I think you look great! I prefer a little more rein than what you are showing - you are reaching down with your rein hand a little too much. If you gave him more rein and elevated your hand a little, it would look more natural and you would still maintain nice light contact.
As for your free hand, I leave mine at my buckle. 
Your horse is a sweetheart!


----------



## kchfuller (Feb 1, 2008)

thanks! I normally ride with a looser rein but he was being SASSY so i needed more of a feel of his mouth  Ill try putting my right hand by my buckle ... i take constructive criticism so any tips are appreciated


----------



## SmoothTrails (Oct 1, 2009)

Personally I agree, you are looking pretty good. I always had issues with my right hand too.  Alittle more rein would be good, but other than that you look really good  I LOVE your horse.


----------



## kchfuller (Feb 1, 2008)

thanks! i will have the hubby take some more pics on a "normal" day and see if my reins look better 

i love Brodie, he's a good boy most of the time.


----------



## ridesapaintedpony (Apr 14, 2009)

I usually put my right hand on my right thigh


----------



## dashygirl (Nov 21, 2006)

You look great, and so does your horsie! If you're both content you know it's a good thing.


----------



## kevinshorses (Aug 15, 2009)

kchfuller said:


> ummm are you saying i am a bad english rider? :shock: I am a little shocked if you are b/c i am competitive and successful at it :? I am a little confused ...

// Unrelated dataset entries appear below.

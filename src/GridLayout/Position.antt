-- ===== src/GridLayout/Position.antt =====
-- Points and cells of a grid: the functions of mgfc/gridlayout.c that find the cell at a point and
-- the rectangle of a cell.
pub mod Index
pub mod Rects
pub mod Edges
use ministudo_guibuilder.Prelude.{
  ℕ, zero, suc, ◌+◌, ◌*◌, ◌/◌, Bool, true, false, not, ◌&&◌, ◌||◌, Option, none, some, List, [],
  ◌∷◌, ◌==◌, if◌then◌else◌, get_or,
}
use ministudo_guibuilder.Prelude.Int.{ℤ, pos, negsuc, pos_part, ◌+ℤ◌, ◌-ℤ◌, ◌/ℤ◌, ltb_ℤ, leb_ℤ}
use ministudo_guibuilder.Prelude.Access.{Access, ok, fault, ◌>>=◌}
use ministudo_guibuilder.GridLayout.Units.{LayoutUnit, zero_unit}
use ministudo_guibuilder.GridLayout.State.{GridLayout, grid_layout_remove}

-- The loop of `get_idx_by_pos` at index `i`, and the value returned after it.
unfoldable pub idx_loop : List LayoutUnit → ℤ → ℕ → ℕ → ℤ
idx_loop [] at i w = if ltb_ℤ (pos w) at then negsuc 0 else pos i -ℤ pos 1
idx_loop (u ∷ us) at i w =
    let later = idx_loop us at (i + 1) (w + u.current_size) in
    if ltb_ℤ (pos w) at then later else pos i -ℤ pos 1

unfoldable pub get_idx_by_pos : List LayoutUnit → ℤ → ℤ
get_idx_by_pos units at = idx_loop units at 0 0

-- `pos / (extent / cnt)`, where either division may be by zero.
unfoldable pub average_idx : ℤ → ℕ → ℕ → Access ℤ
average_idx at extent cnt =
    if cnt == 0 || extent / cnt == 0 then fault else ok (at /ℤ (extent / cnt))

unfoldable pub idx_at : Option (List LayoutUnit) → ℤ → ℕ → ℕ → Access ℤ
idx_at (some units) at extent cnt = ok (get_idx_by_pos units at)
idx_at none at extent cnt = average_idx at extent cnt

abbrev pub in_range : ℤ → ℕ → Bool
in_range i n = leb_ℤ (pos 0) i && ltb_ℤ i (pos n)

-- The result, `*row` and `*col`.
unfoldable pub get_row_col_by_pos : GridLayout → ℤ → ℤ → Access (Bool × ℤ × ℤ)
get_row_col_by_pos gl x y = do
  row ← idx_at gl.row_height (y -ℤ gl.y) gl.height gl.row_cnt
  col ← idx_at gl.col_width (x -ℤ gl.x) gl.width gl.col_cnt
  ok (in_range row gl.row_cnt && in_range col gl.col_cnt, row, col)

-- The address of a cell is given by its row and column.
unfoldable pub grid_layout_hit : GridLayout → ℤ → ℤ → Access (Option (ℕ × ℕ))
grid_layout_hit gl x y = do
  (_, row, col) ← get_row_col_by_pos gl x y
  ok (
      if leb_ℤ (pos 0) col
        && leb_ℤ (pos 0) row
        && ltb_ℤ col (pos gl.col_cnt)
        && ltb_ℤ row (pos gl.row_cnt)
      then some (pos_part row, pos_part col)
      else none)

unfoldable pub grid_layout_remove_hit : GridLayout → ℤ → ℤ → Access (ℕ × GridLayout)
grid_layout_remove_hit gl x y = do
  (_, row, col) ← get_row_col_by_pos gl x y
  grid_layout_remove gl row col

unfoldable pub is_in_gridlayout : ℤ → ℤ → GridLayout → Bool
is_in_gridlayout x y layout =
    let in_x = x -ℤ layout.x in
    let in_y = y -ℤ layout.y in
    leb_ℤ (pos 0) in_x
    && ltb_ℤ in_x (pos layout.width)
    && leb_ℤ (pos 0) in_y
    && ltb_ℤ in_y (pos layout.height)

pub record Rect : Type 0 where
  pub left : ℤ
  pub top : ℤ
  pub right : ℤ
  pub bottom : ℤ

-- `getPosFromUnit`, for an index up to the number of units.
unfoldable pub get_pos_from_unit : List LayoutUnit → ℕ → ℕ
get_pos_from_unit [] idx = 0
get_pos_from_unit (u ∷ us) zero = 0
get_pos_from_unit (u ∷ us) (suc idx) = u.current_size + get_pos_from_unit us idx

-- Where row or column `i` begins, from the edge of the layout, and how wide it is.
unfoldable pub unit_start : Option (List LayoutUnit) → ℕ → ℕ → ℕ → ℕ
unit_start (some units) extent cnt i = get_pos_from_unit units i
unit_start none extent cnt i = extent / cnt * i

unfoldable pub unit_size : Option (List LayoutUnit) → ℕ → ℕ → ℕ → ℕ
unit_size (some units) extent cnt i = (get_or units i zero_unit).current_size
unit_size none extent cnt i = extent / cnt

abbrev pub cell_left : GridLayout → ℕ → ℤ
cell_left gl col = gl.x +ℤ pos (unit_start gl.col_width gl.width gl.col_cnt col)

abbrev pub cell_top : GridLayout → ℕ → ℤ
cell_top gl row = gl.y +ℤ pos (unit_start gl.row_height gl.height gl.row_cnt row)

abbrev pub cell_rect : GridLayout → ℕ → ℕ → Rect
cell_rect gl row col = record {
  left = cell_left gl col;
  top = cell_top gl row;
  right = cell_left gl col +ℤ pos (unit_size gl.col_width gl.width gl.col_cnt col);
  bottom = cell_top gl row +ℤ pos (unit_size gl.row_height gl.height gl.row_cnt row);
}

-- `none` stands for FALSE, which leaves `*prt` as it was.
unfoldable pub grid_layout_get_cell_rect : GridLayout → ℤ → ℤ → Option Rect
grid_layout_get_cell_rect gl row col =
    if in_range row gl.row_cnt && in_range col gl.col_cnt
    then some (cell_rect gl (pos_part row) (pos_part col))
    else none

-- `>> 1` on a signed number.
abbrev pub half : ℤ → ℤ
half (pos n) = pos (n / 2)
half (negsuc n) = negsuc (n / 2)

-- `rc` is uninitialised where `GridLayoutGetCellRect` returns FALSE: its result is not looked at.
abbrev pub center_of : Option Rect → Access (Option (ℤ × ℤ))
center_of none = fault
center_of (some rc) = ok (some (half (rc.left +ℤ rc.right), half (rc.top +ℤ rc.bottom)))

unfoldable pub get_hitted_grid_center_pos : GridLayout → ℤ → ℤ → Access (Option (ℤ × ℤ))
get_hitted_grid_center_pos layout x y = if not (is_in_gridlayout x y layout) then ok none else do
  (_, row, col) ← get_row_col_by_pos layout x y
  center_of (grid_layout_get_cell_rect layout row col)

Certainly not!! I was just saying that english riding requires a lot more equitation so even if you were not a real good english rider you would ride well western.


----------



## smrobs (Jul 30, 2008)

Aw, you and Brodie look awesome. He is breaking well and giving to bit pressure nicely. I agree that your rein hand is a little to close to his neck, I would raise it about 3 to 4 inches and let out a little rein. Your rein hand should be held higher than the saddle horn. As for the right hand, I always have my elbow bent at about 90 degrees or a little more and my hand kinda floating around the saddle horn (picked up from years of riding colts). Also, piano hands are kindof a no-no in western too.


----------



## farmpony84 (Apr 21, 2008)

I think you guys are cute! Is he a reiner, looks like a reiner....


----------



## kchfuller (Feb 1, 2008)

i am doing the "claw" which is how reiners hold the reins- not piano hands  ... and he was being a butt so that is why my reins are shorter then normal. Also in reining you are supposed to have you hand hack of low so that is what i am doing. I guess the different styles are being mixed in the critique here 

he isn't a reiner yet but that is what i am doing with him... we aren't good enough to call ourselves reiners


----------



## kchfuller (Feb 1, 2008)

kevinshorses said:


> Certainly not!! I was just saying that english riding requires a lot more equitation so even if you were not a real good english rider you would ride well western.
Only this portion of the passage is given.